Much of the work goes on below ground in the mine and out of view. In our little world, the salt is mined underground and conveyed to the salt factory. It is processed and loaded on hopper cars to be shipped to highway departments (in northern climates), water softener dealers, potato chip manufacturers and so forth.


















*Morton Salt Factory(279-3847) Shop Now!*

Prebuilt, prelit and ready to go! Talk about an awe-inspiring structure! The O Gauge Morton® Salt Factory will be a focal point of your train layout with its striking details. As you take a look around the structure, you will notice over 30 bright LED lights, which are thoughtfully positioned so you can view every aspect of this gorgeous building. And to truly commemorate the prosperous history of Morton® Salt, this building is also adorned with two animated and prelit Morton® Salt signs. Each one contains the company’s iconic “umbrella girl” logo and unforgettable slogan. Each sign includes multiple lighting patterns, including a steady-on design and a pouring effect. With the addition of a 4.5-volt adapter (sold separately, Menards *SKU# 279-4061, 4062*), this impressive building model will come to life with light.

*Big building, small footprint!*










*Every salt plant should have some covered hoppers!*










The Morton® Salt Covered Hopper will be a beautiful addition to your train collection. This O gauge hopper features realistic details, including a chassis with premium metal trucks and operating couplers. This hopper has a blue-colored body with detailed Morton® Salt logos, including the iconic “umbrella girl”. It even has a removable cover with opening hatches!

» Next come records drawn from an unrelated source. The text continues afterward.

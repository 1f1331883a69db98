-- ===== src/Config/Handlers.antt =====
-- That the handlers of pal-config-parser.c that set one field keep what holds of the data.
use audioreach_pulseaudio_pl.Pal.{StreamType}
use audioreach_pulseaudio_pl.Config.Fields.{
  add_avoided, avoid_words, default_map_read, is_any, parse_alternative_sample_rate,
  parse_avoid_processing, parse_default_buffer_count, parse_default_buffer_size,
  parse_default_channel_map, parse_default_encoding, parse_default_sample_format,
  parse_default_sample_rate, parse_type, parse_use_hw_volume, set_alternate, set_buffer_count,
  set_buffer_size, set_default_encoding, set_default_format, set_default_map, set_default_rate,
  set_hw_volume, set_port_map, set_port_rate, type_words,
}
use mathlib.Core.Path.{ap, subst, sym}
use audioreach_pulseaudio_pl.Config.Chains.{
  edit_usecase_or_port-IsValid, HandlerKeeps, edit_usecase-IsValid,
}
use audioreach_pulseaudio_pl.Sink.Rates.{supported_sink_rates, get_type_from_string}
use audioreach_pulseaudio_pl.Formats.{Encoding, is_supported_encoding}
use audioreach_pulseaudio_pl.Source.Rates.{
  is_supported_source_encoding, supported_source_rates, is_supported_source_rate,
  source_type_from_string,
}
use audioreach_pulseaudio_pl.Config.{ConfigData, Parser, Port, Usecase}
use audioreach_pulseaudio_pl.Config.Entry.{Edit, edit_usecase, edit_usecase_or_port}
use audioreach_pulseaudio_pl.Config.Formats.{among}
use audioreach_pulseaudio_pl.Channel.{ChannelMap}
use audioreach_pulseaudio_pl.Config.Invariant.{
  IsValid, PortEdit, UsecaseEdit, encodings_ok, rates_ok,
}
use audioreach_pulseaudio_pl.Base.{
  Bool, Bool-cases, List, Option, String, inl, inr, none, refl, some, true, ℤ, ◌∙◌, ◌≡◌, mem, ◌⊎◌,
}

-- A change of a field that the invariant does not read.
abbrev pub SameUsecase : Edit Usecase → Type 0
SameUsecase f =
    (u : Usecase)
    → ((f u).1.name ≡ u.name)
      × ((f u).1.id ≡ u.id)
      × ((f u).1.ports ≡ u.ports)
      × ((f u).1.formats ≡ u.formats)
      × ((f u).1.default_encoding ≡ u.default_encoding)

pub same-UsecaseEdit :
    (encodings : Encoding → Bool) (rates : ℤ → Bool) (f : Edit Usecase)
    → SameUsecase f
    → UsecaseEdit encodings rates f
same-UsecaseEdit encodings rates f e u =
    let k = e u in
    (
      k.0,
      k.1,
      k.2,
      λ h. (
        ap (encodings_ok encodings) k.3 ∙ h.0,
        ap (rates_ok rates) k.3 ∙ h.1,
        subst (λ x. (is_any x ≡ true) ⊎ (encodings x ≡ true)) (sym k.4) h.2,
      ),
    )

plain_edit-IsValid :
    (p : Parser) (section : String) (f g : Edit Usecase) (c : ConfigData)
    → SameUsecase f
    → SameUsecase g
    → IsValid c
    → IsValid (edit_usecase p section f g c).1
plain_edit-IsValid p section f g c a b v =
    edit_usecase-IsValid p section f g c
      (same-UsecaseEdit is_supported_encoding (among supported_sink_rates) f a)
      (same-UsecaseEdit is_supported_source_encoding (among supported_source_rates) g b) v

pub same_or_port-IsValid :
    (p : Parser) (section : String) (f g : Edit Usecase) (h : Edit Port) (c : ConfigData)
    → SameUsecase f
    → SameUsecase g
    → PortEdit h
    → IsValid c
    → IsValid (edit_usecase_or_port p section f g h c).1
same_or_port-IsValid p section f g h c a b d v =
    edit_usecase_or_port-IsValid p section f g h c
      (same-UsecaseEdit is_supported_encoding (among supported_sink_rates) f a)
      (same-UsecaseEdit is_supported_source_encoding (among supported_source_rates) g b) d v

type_words-SameUsecase :
    (type_of : String → StreamType) (items : Option (List String))
    → SameUsecase (type_words type_of items)
type_words-SameUsecase type_of none u = (refl, refl, refl, refl, refl)
type_words-SameUsecase type_of (some items) u = (refl, refl, refl, refl, refl)

pub parse_type-IsValid : HandlerKeeps parse_type
unfolding parse_type
parse_type-IsValid p section rvalue c v =
    let items = p.split_spaces rvalue in
    plain_edit-IsValid p section (type_words get_type_from_string items)
      (type_words source_type_from_string items) c
      (type_words-SameUsecase get_type_from_string items)
      (type_words-SameUsecase source_type_from_string items) v

avoid_words-IsValid :
    (p : Parser) (section : String) (items : Option (List String)) (c : ConfigData)
    → IsValid c
    → IsValid (avoid_words p section items c).1
avoid_words-IsValid p section none c v = v
avoid_words-IsValid p section (some items) c v =
    plain_edit-IsValid p section (add_avoided items) (add_avoided items) c
      (λ u. (refl, refl, refl, refl, refl)) (λ u. (refl, refl, refl, refl, refl)) v

pub parse_avoid_processing-IsValid : HandlerKeeps parse_avoid_processing
unfolding parse_avoid_processing
parse_avoid_processing-IsValid p section rvalue c v =
    avoid_words-IsValid p section (p.split_spaces rvalue) c v

set_default_encoding-UsecaseEdit :
    (encodings : Encoding → Bool) (rates : ℤ → Bool) (e : Encoding)
    → UsecaseEdit encodings rates (set_default_encoding encodings e)
set_default_encoding-UsecaseEdit encodings rates e u = elim (Bool-cases (encodings e)) [
  | inl h ↦ rw h (refl, refl, refl, λ k. (k.0, k.1, inr h))
  | inr h ↦ rw h (refl, refl, refl, λ k. k)
]

pub parse_default_encoding-IsValid : HandlerKeeps parse_default_encoding
unfolding parse_default_encoding
parse_default_encoding-IsValid p section rvalue c v =
    let e = p.encoding_from_string rvalue in
    let k =
      edit_usecase-IsValid p section (set_default_encoding is_supported_encoding e)
        (set_default_encoding is_supported_source_encoding e) c
        (set_default_encoding-UsecaseEdit is_supported_encoding (among supported_sink_rates) e)
        (set_default_encoding-UsecaseEdit is_supported_source_encoding
          (among supported_source_rates) e)
        v in
    elim (Bool-cases (is_any e)) [ inl h ↦ rw h v | inr h ↦ rw h k ]

pub parse_default_sample_rate-IsValid : HandlerKeeps parse_default_sample_rate
unfolding parse_default_sample_rate
parse_default_sample_rate-IsValid p section rvalue c v =
    same_or_port-IsValid p section
      (set_default_rate (λ r. mem r supported_sink_rates) (p.atou rvalue))
      (set_default_rate is_supported_source_rate (p.atou rvalue)) (set_port_rate (p.atou rvalue)) c
      (λ u. (refl, refl, refl, refl, refl)) (λ u. (refl, refl, refl, refl, refl)) (λ u. refl) v

pub parse_default_sample_format-IsValid : HandlerKeeps parse_default_sample_format
unfolding parse_default_sample_format
parse_default_sample_format-IsValid p section rvalue c v =
    let edit = set_default_format (p.parse_sample_format rvalue) in
    plain_edit-IsValid p section edit edit c (λ u. (refl, refl, refl, refl, refl))
      (λ u. (refl, refl, refl, refl, refl)) v

default_map-IsValid :
    (p : Parser) (section : String) (map : Option ChannelMap) (c : ConfigData)
    → IsValid c
    → IsValid (default_map_read p section map c).1
default_map-IsValid p section none c v = v
default_map-IsValid p section (some map) c v =
    same_or_port-IsValid p section (set_default_map map) (set_default_map map) (set_port_map map) c
      (λ u. (refl, refl, refl, refl, refl)) (λ u. (refl, refl, refl, refl, refl)) (λ u. refl) v

pub parse_default_channel_map-IsValid : HandlerKeeps parse_default_channel_map
unfolding parse_default_channel_map
parse_default_channel_map-IsValid p section rvalue c v =
    default_map-IsValid p section (p.channel_map_parse rvalue) c v

pub parse_default_buffer_size-IsValid : HandlerKeeps parse_default_buffer_size
unfolding parse_default_buffer_size
parse_default_buffer_size-IsValid p section rvalue c v =
    let edit = set_buffer_size (p.atou rvalue) in
    plain_edit-IsValid p section edit edit c (λ u. (refl, refl, refl, refl, refl))
      (λ u. (refl, refl, refl, refl, refl)) v

pub parse_default_buffer_count-IsValid : HandlerKeeps parse_default_buffer_count
unfolding parse_default_buffer_count
parse_default_buffer_count-IsValid p section rvalue c v =
    let edit = set_buffer_count (p.atou rvalue) in
    plain_edit-IsValid p section edit edit c (λ u. (refl, refl, refl, refl, refl))
      (λ u. (refl, refl, refl, refl, refl)) v

pub parse_alternative_sample_rate-IsValid : HandlerKeeps parse_alternative_sample_rate
unfolding parse_alternative_sample_rate
parse_alternative_sample_rate-IsValid p section rvalue c v =
    let edit = set_alternate (p.atou rvalue) in
    plain_edit-IsValid p section edit edit c (λ u. (refl, refl, refl, refl, refl))
      (λ u. (refl, refl, refl, refl, refl)) v

pub parse_use_hw_volume-IsValid : HandlerKeeps parse_use_hw_volume
unfolding parse_use_hw_volume
parse_use_hw_volume-IsValid p section rvalue c v =
    let edit = set_hw_volume (p.parse_boolean rvalue) in
    plain_edit-IsValid p section edit edit c (λ u. (refl, refl, refl, refl, refl))
      (λ u. (refl, refl, refl, refl, refl)) v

*Single (279-3871) Shop Now!*
*6-Piece Dealer Pack (279-4009) Shop Now!*

Thank you,
Mark the Menards Train Guy


----------



## Menards (Oct 8, 2015)

Here's the Salt Factory in action!






-Mark the Menards Train Guy


----------



## seayakbill (Jan 16, 2016)

WOW, heck of a building for $90. This building could become your biggest seller yet. There will be a lot of folks trying to fit it in on their layouts.

Bill


----------



## Guest (Mar 21, 2017)

*This is a total winner*. Great work Mark.


----------



## Spence (Oct 15, 2015)

Great looking building. There will be one on my layout. :thumbsup::thumbsup:


----------



## Fabforrest (Aug 31, 2015)

Wow! Very nice. Another winner.


----------



## gunrunnerjohn (Nov 10, 2010)

That is one impressive building! That's one of the best yet, and I love the fact that there are matching hoppers to go with it.


----------



## Traindiesel (Sep 8, 2015)

Mine is on it's way along with six hoppers! This is a fabulous looking building, very well lighted and nice details with a great footprint, yet an imposing structure.

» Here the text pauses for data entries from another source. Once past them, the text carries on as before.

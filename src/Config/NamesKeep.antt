-- ===== src/Config/NamesKeep.antt =====
-- That `pa_pal_config_parse_port_names` of pal-config-parser.c keeps what holds of the data.
use audioreach_pulseaudio_pl.Config.Formats.{among}
use audioreach_pulseaudio_pl.Sink.Rates.{supported_sink_rates}
use audioreach_pulseaudio_pl.Config.Chains.{HandlerKeeps, loopback_chain, profile_chain}
use audioreach_pulseaudio_pl.Formats.{Encoding, is_supported_encoding}
use audioreach_pulseaudio_pl.Source.Rates.{is_supported_source_encoding, supported_source_rates}
use audioreach_pulseaudio_pl.Config.Entry.{
  after_prefix, edit_loopback, edit_profile, else_try, get_usecase,
}
use audioreach_pulseaudio_pl.Config.Keeps.{
  Kept, LoopbackEdit, ProfileEdit, else-Kept, found_id, found_valid, or_fail-IsValid,
}
use audioreach_pulseaudio_pl.Config.{Port, Profile, ConfigData, Loopback, Parser, Usecase}
use audioreach_pulseaudio_pl.Config.Map.{Every, lookup, Every-put}
use audioreach_pulseaudio_pl.Config.Invariant.{
  ProfileValid, all_known, IsValid, Numbered-put, SinkValid, SourceValid, Supported,
}
use audioreach_pulseaudio_pl.Config.Names.{
  Links, add_name, add_usecase_ports, counted, link_profiles, mem_name, add_loopback_ports,
  add_profile_ports, is_input_port, loopback_ports, parse_port_names, profile_ports,
  sink_port_names, source_port_names, usecase_ports, with_loopback_port, with_port,
}
use audioreach_pulseaudio_pl.Base.{
  Bool, Bool-cases, List, Option, String, [], arith, if◌then◌else◌, inl, inr, is_some, none, not,
  refl, some, true, ◌&&◌, ◌++◌, ◌∷◌, ◌≡◌, false, length, ℤ, ◌∙◌,
}
use mathlib.Core.Path.{ap}

all_known-append :
    {A : Type 0} (rows : List (String × A)) (a b : List String)
    → all_known rows a ≡ true
    → all_known rows b ≡ true
    → all_known rows (a ++ b) ≡ true
all_known-append rows [] b h k = k
all_known-append rows (x ∷ a) b h k = ground (arith, all_known-append rows a b)

pub add_name-known :
    {A : Type 0} (rows : List (String × A)) (name : String) (names : List String)
    → is_some (lookup name rows) ≡ true
    → all_known rows names ≡ true
    → all_known rows (add_name name names) ≡ true
add_name-known rows name names e h = elim (Bool-cases (mem_name name names)) [
  | inl q ↦ rw q h
  | inr q ↦
      let k : all_known rows (name ∷ []) ≡ true = rw e refl in
      rw q (all_known-append rows names (name ∷ []) h k)
]

-- The counts of a profile are no part of its validity.
link_profiles-valid :
    (is_sink : Bool) (port : String) (ports : List (String × Port)) (names : List String)
    (rows : List (String × Profile))
    → Every (ProfileValid ports) rows
    → Every (ProfileValid ports) (link_profiles is_sink port names rows).1
unfolding link_profiles
link_profiles-valid is_sink port ports names [] h = tt
link_profiles-valid is_sink port ports names ((key, profile) ∷ rows) h =
    let linked = mem_name port profile.ports && not (mem_name profile.name names) in
    let names' = if linked then names ++ (profile.name ∷ []) else names in
    (counted_valid linked, link_profiles-valid is_sink port ports names' rows h.1)
  where
    counted_valid :
        (linked : Bool)
        → ProfileValid ports key (if linked then counted is_sink profile else profile)
    counted_valid linked = ground (arith, h.0)

-- The loop over the words leaves known ports, and valid profiles.
abbrev LinksValid : List (String × Port) → Links → Type 0
LinksValid known (ports, names, profiles) =
    (all_known known ports ≡ true) × Every (ProfileValid known) profiles

with_port-valid :
    (is_sink : Bool) (known : List (String × Port)) (name : String) (o : Option Port)
    (links : Links)
    → lookup name known ≡ o
    → LinksValid known links
    → LinksValid known (with_port is_sink name o links)
with_port-valid is_sink known name none links e h = h
with_port-valid is_sink known name (some port) (ports, names, profiles) e h = (
  add_name-known known name ports (ap is_some e) h.0,
  link_profiles-valid is_sink port.name known names profiles h.1,
)

add_usecase_ports-valid :
    (is_sink : Bool) (known : List (String × Port)) (items : List String) (links : Links)
    → LinksValid known links
    → LinksValid known (add_usecase_ports is_sink known items links).1
unfolding add_usecase_ports
add_usecase_ports-valid is_sink known [] links h = h
add_usecase_ports-valid is_sink known (name ∷ items) links h =
    let o = lookup name known in
    let k =
      add_usecase_ports-valid is_sink known items (with_port is_sink name o links)
        (with_port-valid is_sink known name o links refl h) in
    elim (Bool-cases (is_some o)) [ inl e ↦ rw e k | inr e ↦ rw e h ]

-- A use case in the data, and the profiles, after the loop.
abbrev UsecasePortsValid :
    (Encoding → Bool)
    → (ℤ → Bool)
    → List (String × Port)
    → Usecase
    → Bool × Usecase × List (String × Profile)
    → Type 0
UsecasePortsValid encodings rates known u (ok, u', profiles) =
    (u'.name ≡ u.name)
    × (u'.id ≡ u.id)
    × (Supported encodings rates u → Supported encodings rates u')
    × (all_known known u'.ports ≡ true)
    × Every (ProfileValid known) profiles

usecase_ports-valid :
    (encodings : Encoding → Bool) (rates : ℤ → Bool) (is_sink : Bool) (known : List (String × Port))
    (profiles : List (String × Profile)) (items : Option (List String)) (u : Usecase)
    → all_known known u.ports ≡ true
    → Every (ProfileValid known) profiles
    → UsecasePortsValid encodings rates known u (usecase_ports is_sink known profiles items u)
usecase_ports-valid encodings rates is_sink known profiles none u h k = (refl, refl, λ s. s, h, k)
usecase_ports-valid encodings rates is_sink known profiles (some items) u h k =
    let l = add_usecase_ports-valid is_sink known items (u.ports, u.profiles, profiles) (h, k) in
    (refl, refl, λ s. s, l.0, l.1)

sink_port_names-Kept :
    (p : Parser) (items : Option (List String)) (c : ConfigData) (o : Option String)
    → IsValid c
    → Kept (sink_port_names p items c o)
sink_port_names-Kept p items c none v = tt
sink_port_names-Kept p items c (some name) v =
    let u = get_usecase p name c.sinks in
    let w =
      found_valid p is_supported_encoding (among supported_sink_rates) c.ports name c.sinks
        (lookup name c.sinks) refl v.sinks_valid in
    let k =
      usecase_ports-valid is_supported_encoding (among supported_sink_rates) true c.ports c.profiles
        items u w.2 v.profiles_valid in
    let u' = (usecase_ports true c.ports c.profiles items u).1 in
    record {
      sinks_valid =
          Every-put (SinkValid c.ports) name u' c.sinks (k.0 ∙ w.0, k.2 w.1, k.3) v.sinks_valid;
      sources_valid = v.sources_valid;
      sinks_numbered =
          Numbered-put 1 name u' c.sinks
            (k.1 ∙ found_id p name (length c.sinks) (lookup name c.sinks)) v.sinks_numbered;
      sources_numbered = v.sources_numbered;
      ports_valid = v.ports_valid;
      profiles_valid = k.4;
      loopbacks_valid = v.loopbacks_valid;
    }

source_port_names-Kept :
    (p : Parser) (items : Option (List String)) (c : ConfigData) (o : Option String)
    → IsValid c
    → Kept (source_port_names p items c o)
source_port_names-Kept p items c none v = tt
source_port_names-Kept p items c (some name) v =
    let u = get_usecase p name c.sources in
    let w =
      found_valid p is_supported_source_encoding (among supported_source_rates) c.ports name
        c.sources (lookup name c.sources) refl v.sources_valid in
    let k =
      usecase_ports-valid is_supported_source_encoding (among supported_source_rates) false c.ports
        c.profiles items u w.2 v.profiles_valid in
    let u' = (usecase_ports false c.ports c.profiles items u).1 in
    record {
      sinks_valid = v.sinks_valid;
      sources_valid =
          Every-put (SourceValid c.ports) name u' c.sources (k.0 ∙ w.0, k.2 w.1, k.3)
            v.sources_valid;
      sinks_numbered = v.sinks_numbered;
      sources_numbered =
          Numbered-put 1 name u' c.sources
            (k.1 ∙ found_id p name (length c.sources) (lookup name c.sources)) v.sources_numbered;
      ports_valid = v.ports_valid;
      profiles_valid = k.4;
      loopbacks_valid = v.loopbacks_valid;
    }

add_profile_ports-known :
    (known : List (String × Port)) (items ports : List String)
    → all_known known ports ≡ true
    → all_known known (add_profile_ports known items ports).1 ≡ true
unfolding add_profile_ports
add_profile_ports-known known [] ports h = h
add_profile_ports-known known (name ∷ items) ports h =
    elim (Bool-cases (is_some (lookup name known))) [
      | inl e ↦ rw e (
          add_profile_ports-known known items (add_name name ports)
            (add_name-known known name ports e h))
      | inr e ↦ rw e h
    ]

profile_ports-ProfileEdit :
    (known : List (String × Port)) (items : Option (List String))
    → ProfileEdit known (profile_ports known items)
profile_ports-ProfileEdit known none u = (refl, λ h. h)
profile_ports-ProfileEdit known (some items) u = (refl, add_profile_ports-known known items u.ports)

abbrev LoopbackKnown : List (String × Port) → Loopback → Loopback → Type 0
LoopbackKnown known u u' =
    (u'.name ≡ u.name)
    × (all_known known u'.in_ports ≡ true)
    × (all_known known u'.out_ports ≡ true)

with_loopback_port-known :
    (known : List (String × Port)) (words : List String) (name : String) (o : Option Port)
    (u : Loopback)
    → lookup name known ≡ o
    → all_known known u.in_ports ≡ true
    → all_known known u.out_ports ≡ true
    → LoopbackKnown known u (with_loopback_port words name o u)
with_loopback_port-known known words name none u e h k = (refl, h, k)
with_loopback_port-known known words name (some port) u e h k =
    let a = add_name-known known name u.in_ports (ap is_some e) h in
    let b = add_name-known known name u.out_ports (ap is_some e) k in
    elim (Bool-cases (is_input_port port.direction)) [
      | inl q ↦ rw q (refl, a, k)
      | inr q ↦ rw q (refl, h, b)
    ]

add_loopback_ports-known :
    (known : List (String × Port)) (words items : List String) (u : Loopback)
    → all_known known u.in_ports ≡ true
    → all_known known u.out_ports ≡ true
    → LoopbackKnown known u (add_loopback_ports known words items u).1
unfolding add_loopback_ports
add_loopback_ports-known known words [] u h k = (refl, h, k)
add_loopback_ports-known known words (name ∷ items) u h k =
    let o = lookup name known in
    let a = with_loopback_port-known known words name o u refl h k in
    let b =
      add_loopback_ports-known known words items (with_loopback_port words name o u) a.1 a.2 in
    let rest = add_loopback_ports known words items (with_loopback_port words name o u) in
    elim (Bool-cases (is_some o)) [ inl e ↦ rw e (b.0 ∙ a.0, b.1, b.2) | inr e ↦ rw e (refl, h, k) ]

with_loopback_port-name :
    (words : List String) (name : String) (o : Option Port) (u : Loopback)
    → (with_loopback_port words name o u).name ≡ u.name
with_loopback_port-name words name none u = refl
with_loopback_port-name words name (some port) u = ground arith

add_loopback_ports-name :
    (known : List (String × Port)) (words items : List String) (u : Loopback)
    → (add_loopback_ports known words items u).1.name ≡ u.name
unfolding add_loopback_ports
add_loopback_ports-name known words [] u = refl
add_loopback_ports-name known words (name ∷ items) u =
    let o = lookup name known in
    let a = with_loopback_port-name words name o u in
    let b = add_loopback_ports-name known words items (with_loopback_port words name o u) in
    elim (Bool-cases (is_some o)) [ inl e ↦ rw e (b ∙ a) | inr e ↦ rw e refl ]

loopback_ports-LoopbackEdit :
    (known : List (String × Port)) (items : Option (List String))
    → LoopbackEdit known (loopback_ports known items)
loopback_ports-LoopbackEdit known none u = (refl, λ h k. (h, k))
loopback_ports-LoopbackEdit known (some items) u = (
  add_loopback_ports-name known items items u,
  λ h k. let a = add_loopback_ports-known known items items u h k in (a.1, a.2),
)

pub parse_port_names-IsValid : HandlerKeeps parse_port_names
unfolding parse_port_names
parse_port_names-IsValid p section rvalue c v =
    let items = p.split_spaces rvalue in
    let profile = edit_profile section (profile_ports c.ports items) c in
    let sink = sink_port_names p items c (after_prefix "Sink " section) in
    let source = source_port_names p items c (after_prefix "Source " section) in
    let loopback = edit_loopback section (loopback_ports c.ports items) c in
    or_fail-IsValid c (else_try profile (else_try sink (else_try source loopback))) v (
      else-Kept profile (else_try sink (else_try source loopback))
        (profile_chain section (profile_ports c.ports items) c
          (profile_ports-ProfileEdit c.ports items) v)
        (else-Kept sink (else_try source loopback)
          (sink_port_names-Kept p items c (after_prefix "Sink " section) v)
          (else-Kept source loopback
            (source_port_names-Kept p items c (after_prefix "Source " section) v)
            (loopback_chain section (loopback_ports c.ports items) c
              (loopback_ports-LoopbackEdit c.ports items) v))))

Thank you to Menards for continuing to offer great O gauge products!


----------



## towdog (Oct 2, 2015)

For those who think that the color is too bright and not realistic, view the following dust collectors and filters used in food manufacturing facilities around the midwest.


----------



## njrailer93 (Nov 28, 2011)

now that is one sharp building! hit the nail on the head


----------



## DMASSO (Jul 25, 2015)

I ordered one for myself and one for our club plus six hoppers. The style and colors make this an attractive addition the the layouts.
I really had to plan on this as both layouts are large but tracks are close together requiring some creating thinking.
Menards is really making an impact on our hobby.

I wish I could use the rebates.


----------



## DMASSO (Jul 25, 2015)

Building is all in place at the club. I made some shipping canisters from my diabetic supplies.


----------



## Lee Willis (Jan 1, 2014)

That is good looking. Cool idea to re-use the containers.


----------



## Spence (Oct 15, 2015)

Nice job on the canisters Don. :thumbsup:


----------